Find the line holding "engine es w).db.payments" in the entries below. Give it again exactly, along with every line after it up to and including the line holding "PayDb) (p : Payment)".

Start of Information given

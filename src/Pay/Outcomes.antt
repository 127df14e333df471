-- ===== src/Pay/Outcomes.antt =====
-- The theorems on the rite of sovereign/src/pay.ts as a whole.

use cashloom.Prelude.{
  ℕ, ◌≤◌, ◌≡◌, ◌≢◌, refl, sym, ◌∙◌, ap, subst, Bool, true, false, ◌⊎◌, inl, inr, Option, none, some,
  List, [], ◌∷◌, Text, text_eq, Bool-cases, text_eq_iff, text_eq_refl, Result, ok, err, count, All,
  AllPairs, any, arith,
}
use cashloom.Payments.{Payment, PaymentStatus}
use cashloom.Pay.{PayDb, PayError, Engine}
use cashloom.Pay.Claim.{Claimed, ClaimResult, payment_of, claim}
use cashloom.Pay.Settle.{
  SendOutcome, Recording, settle, record_sent, set_where, set_broadcast, write_note,
}
use cashloom.Pay.Recorded.{IsRecorded, ledger_row-IsRecorded}
use cashloom.Pay.Status.{HasStatus, payment_of-update, payment_of-id}
use cashloom.Pay.Claims.{claim-Commits}
use cashloom.Pay.World.{World, Event, take_out, keep, dispatch, sign_at, end_at, step, run}
use cashloom.Pay.Rite.{
  Rewrites-other, settle-Rewrites, persist_quote-Statement, Commits-Statement, Statement,
  Statement-HasStatus, IsSound,
}
use cashloom.Pay.Once.{take_out-All, on_signed-HasStatus, run-IsSound, step-IsSound}

-- A node that has called no sender yet.
abbrev pub start : PayDb → World
start db = record { db = db; pending = []; sends = [] }

start-IsSound : (db : PayDb) → IsSound (start db)
start-IsSound db = record { in_flight = tt; apart = tt; spent = tt; once = tt }

count_absent :
    (id : Text) (ts : List Text) → All (λ t. id ≢ t) ts → count (λ t. text_eq t id) ts ≡ 0
unfolding count
count_absent id [] h = refl
count_absent id (t ∷ ts) (ne, h) = ground (arith, text_eq_iff t id, count_absent id ts h)

count_apart :
    (id : Text) (ts : List Text) → AllPairs (λ a b. a ≢ b) ts → count (λ t. text_eq t id) ts ≤ 1
unfolding count
count_apart id [] h = omega arith
count_apart id (t ∷ ts) (far, h) = elim (Bool-cases (text_eq t id)) [
  | inl same ↦ rw same (
      omega (
        arith,
        count_absent id ts (subst (λ x. All (λ t. x ≢ t) ts) ((text_eq_iff t id).0 same) far),
      ))
  | inr other ↦ rw other (omega (arith, count_apart id ts h))
]

module _ (engine : Engine) where
  -- Whatever calls are in flight, however their steps interleave and whatever each send reports, no
  -- payment is handed to its sender a second time.
  pub never_sent_twice :
      (es : List Event) (db : PayDb) (id : Text)
      → count (λ t. text_eq t id) (run engine es (start db)).sends ≤ 1
  never_sent_twice es db id =
      count_apart id _ (run-IsSound engine es (start db) (start-IsSound db)).once

  module _ (id : Text) (s : PaymentStatus) (settled : s ≢ PaymentStatus.quoted)
      (over : s ≢ PaymentStatus.confirmed) where
    end-HasStatus :
        (w : World) (place : ℕ) (taken : Option (Claimed × List Claimed)) (outcome : SendOutcome)
        (recording : Recording) (new_id now : Text)
        → take_out place w.pending ≡ taken
        → IsSound w
        → HasStatus id s w.db.payments
        → HasStatus id s (end_at w taken outcome recording new_id now).db.payments
    end-HasStatus w place none outcome recording new_id now e h k = k
    end-HasStatus w place (some (c, rest)) outcome recording new_id now e h (p, found, status) =
        let ((q, there, confirmed), _) =
          take_out-All (λ (d : Claimed). HasStatus d.row.id PaymentStatus.confirmed w.db.payments)
            place w.pending c rest e h.in_flight in
        Rewrites-other c.row.id id s w.db.payments _
          (λ same.
            let row : p ≡ q = cc (found, there, same) in
            over (sym status ∙ ap (λ (r : Payment). r.status) row ∙ confirmed))
          (settle-Rewrites c outcome recording new_id now w.db) (p, found, status)

    sign-HasStatus :
        (w : World) (taken : Option (Claimed × List Claimed)) (external_id now : Text)
        → HasStatus id s w.db.payments
        → HasStatus id s (sign_at w taken external_id now).db.payments
    sign-HasStatus w none external_id now h = h
    sign-HasStatus w (some (c, rest)) external_id now h =
        on_signed-HasStatus c.row.id external_id now w.db id s h

    keep-HasStatus :
        (w : World) (r : Result PayError PayDb)
        → ((db : PayDb) → r ≡ ok db → Statement w.db.payments db.payments)
        → HasStatus id s w.db.payments
        → HasStatus id s (keep w r).db.payments
    keep-HasStatus w (ok db) f h =
        Statement-HasStatus w.db.payments db.payments id s settled (f db refl) h
    keep-HasStatus w (err e) f h = h

    dispatch-HasStatus :
        (w : World) (r : Result PayError (ClaimResult × PayDb))
        → ((a : ClaimResult × PayDb) → r ≡ ok a → Statement w.db.payments a.1.payments)
        → HasStatus id s w.db.payments
        → HasStatus id s (dispatch w r).db.payments
    dispatch-HasStatus w (err e) f h = h
    dispatch-HasStatus w (ok (ClaimResult.unavailable x, db)) f h =
        Statement-HasStatus w.db.payments db.payments id s settled (f _ refl) h
    dispatch-HasStatus w (ok (ClaimResult.expired, db)) f h =
        Statement-HasStatus w.db.payments db.payments id s settled (f _ refl) h
    dispatch-HasStatus w (ok (ClaimResult.claimed c, db)) f h =
        Statement-HasStatus w.db.payments db.payments id s settled (f _ refl) h

    step-HasStatus :
        (e : Event) (w : World)
        → IsSound w
        → HasStatus id s w.db.payments
        → HasStatus id s (step engine e w).db.payments
    unfolding step
    step-HasStatus (Event.store opts runtime account sender quote created_at expires_at) w h k =
        keep-HasStatus w _ (persist_quote-Statement runtime.bind _ w.db) k
    step-HasStatus (Event.confirm id' runtime) w h k =
        dispatch-HasStatus w (claim engine id' runtime w.db)
          (λ a e.
            Commits-Statement engine runtime id' w.db a (claim-Commits engine id' runtime w.db a e))
          k
    step-HasStatus (Event.sign place external_id now) w h k =
        sign-HasStatus w (take_out place w.pending) external_id now k
    step-HasStatus (Event.end place outcome recording new_id now) w h k =
        end-HasStatus w place (take_out place w.pending) outcome recording new_id now refl h k
    step-HasStatus (Event.elsewhere accounts bindings) w h k = k

    run-HasStatus :
        (es : List Event) (w : World)
        → IsSound w
        → HasStatus id s w.db.payments
        → HasStatus id s (run engine es w).db.payments
    unfolding run
    run-HasStatus [] w h k = k
    run-HasStatus (e ∷ es) w h k =
        run-HasStatus es (step engine e w) (step-IsSound engine e w h) (step-HasStatus e w h k)

    -- An outcome is final: a payment that was broadcast or that failed stays so, whatever comes
    -- after, late ends of other sends included.
    pub outcome_final :
        (es fs : List Event) (db : PayDb)
        → HasStatus id s (run engine es (start db)).db.payments
        → HasStatus id s (run engine fs (run engine es (start db))).db.payments
    outcome_final es fs db =
        run-HasStatus fs (run engine es (start db))
          (run-IsSound engine es (start db) (start-IsSound db))

pub set_where-found :
    (id : Text) (f : Payment → Payment) (db : PayDb) (p : Payment)
    → ((x : Payment) → (f x).id ≡ x.id)
    → payment_of id db.payments ≡ some p
    → payment_of id (set_where id f db).payments ≡ some (f p)
unfolding set_where
set_where-found id f db p same found =
    payment_of-update (λ x. text_eq x.id id) f (λ x _. same x) id db.payments p found
    ∙ rw (payment_of-id id db.payments p found, text_eq_refl id)

set_where-HasStatus :
    (id : Text) (f : Payment → Payment) (s t : PaymentStatus) (db : PayDb)
    → ((x : Payment) → (f x).id ≡ x.id)
    → ((x : Payment) → x.status ≡ s → (f x).status ≡ t)
    → HasStatus id s db.payments
    → HasStatus id t (set_where id f db).payments
set_where-HasStatus id f s t db same becomes (p, found, e) =
    (f p, set_where-found id f db p same found, becomes p e)

write_note-HasStatus :
    (id external_id message : Text) (written : Bool) (now : Text) (s : PaymentStatus) (db : PayDb)
    → HasStatus id s db.payments
    → HasStatus id s (write_note id external_id message written now db).payments
unfolding write_note
write_note-HasStatus id external_id message true now s db h =
    set_where-HasStatus id _ s s db (λ x. refl) (λ x e. e) h
write_note-HasStatus id external_id message false now s db h = h

-- A broadcast that succeeded never reads "failed", whatever goes wrong in recording it: the result
-- and the row of a payment that was confirmed say "confirmed" or "broadcast".
pub sent_never_failed :
    (c : Claimed) (external_id : Text) (total_out : Option Text) (recording : Recording)
    (new_id now : Text) (db : PayDb)
    → HasStatus c.row.id PaymentStatus.confirmed db.payments
    → ((settle c (SendOutcome.sent external_id total_out) recording new_id now db).0.status
        ≢ PaymentStatus.failed)
      × (HasStatus c.row.id PaymentStatus.confirmed
            (settle c (SendOutcome.sent external_id total_out) recording new_id now db).1.payments
          ⊎ HasStatus c.row.id PaymentStatus.broadcast
              (settle c
                (SendOutcome.sent external_id total_out)
                recording
                new_id
                now
                db).1.payments)
unfolding settle record_sent
sent_never_failed c external_id total_out Recording.recorded new_id now db h = (
  λ e. cc,
  inr (
      set_where-HasStatus c.row.id (set_broadcast external_id now) PaymentStatus.confirmed
        PaymentStatus.broadcast db (λ x. refl) (λ x _. refl) h),
)
sent_never_failed c external_id total_out (Recording.status_write_threw m w) new_id now db h =
    (λ e. cc, inl (write_note-HasStatus c.row.id external_id m w now PaymentStatus.confirmed db h))
sent_never_failed c external_id total_out (Recording.ledger_write_threw m w) new_id now db h = (
  λ e. cc,
  inr (
      write_note-HasStatus c.row.id external_id m w now PaymentStatus.broadcast _ (
        set_where-HasStatus c.row.id (set_broadcast external_id now) PaymentStatus.confirmed
          PaymentStatus.broadcast db (λ x. refl) (λ x _. refl) h)),
)

set_where-transactions :
    (id : Text) (f : Payment → Payment) (db : PayDb)
    → (set_where id f db).transactions ≡ db.transactions
unfolding set_where
set_where-transactions id f db = refl

-- When the bookkeeping works, a payment that is there is told and stands as broadcast with its
-- transaction, otherwise as it was; and the ledger has a row of its account with the transaction's id,
-- an old one or a new one, which says that the exact total went out, or else the payment's amount, if
-- the new row's own id is not in use.
pub settle-recorded :
    (c : Claimed) (external_id : Text) (total_out : Option Text) (new_id now : Text) (db : PayDb)
    (p : Payment)
    → payment_of c.row.id db.payments ≡ some p
    → any (λ t. text_eq new_id t.id) db.transactions ≡ false
    → let done =
        settle c (SendOutcome.sent external_id total_out) Recording.recorded new_id now db in
      (done.0.status ≡ PaymentStatus.broadcast)
      × (done.0.tx_hash ≡ some external_id)
      × (payment_of c.row.id done.1.payments
          ≡ some (record p {
            status = PaymentStatus.broadcast;
            tx_hash = some external_id;
            updated_at = some now;
          }))
      × IsRecorded c external_id total_out new_id now db.transactions done.1.transactions
unfolding settle record_sent set_where
settle-recorded c external_id total_out new_id now db p found fresh = (
  refl,
  refl,
  set_where-found c.row.id (set_broadcast external_id now) db p (λ x. refl) found,
  ledger_row-IsRecorded c external_id total_out new_id now db.transactions fresh,
)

End of Information given

Task output –
        → HasStatus id s (run engine es w).db.payments
    unfolding run
    run-HasStatus [] w h k = k
    run-HasStatus (e ∷ es) w h k =
        run-HasStatus es (step engine e w) (step-IsSound engine e w h) (step-HasStatus e w h k)

    -- An outcome is final: a payment that was broadcast or that failed stays so, whatever comes
    -- after, late ends of other sends included.
    pub outcome_final :
        (es fs : List Event) (db : PayDb)
        → HasStatus id s (run engine es (start db)).db.payments
        → HasStatus id s (run engine fs (run engine es (start db))).db.payments
    outcome_final es fs db =
        run-HasStatus fs (run engine es (start db))
          (run-IsSound engine es (start db) (start-IsSound db))

pub set_where-found :
    (id : Text) (f : Payment → Payment) (db : PayDb) (p : Payment)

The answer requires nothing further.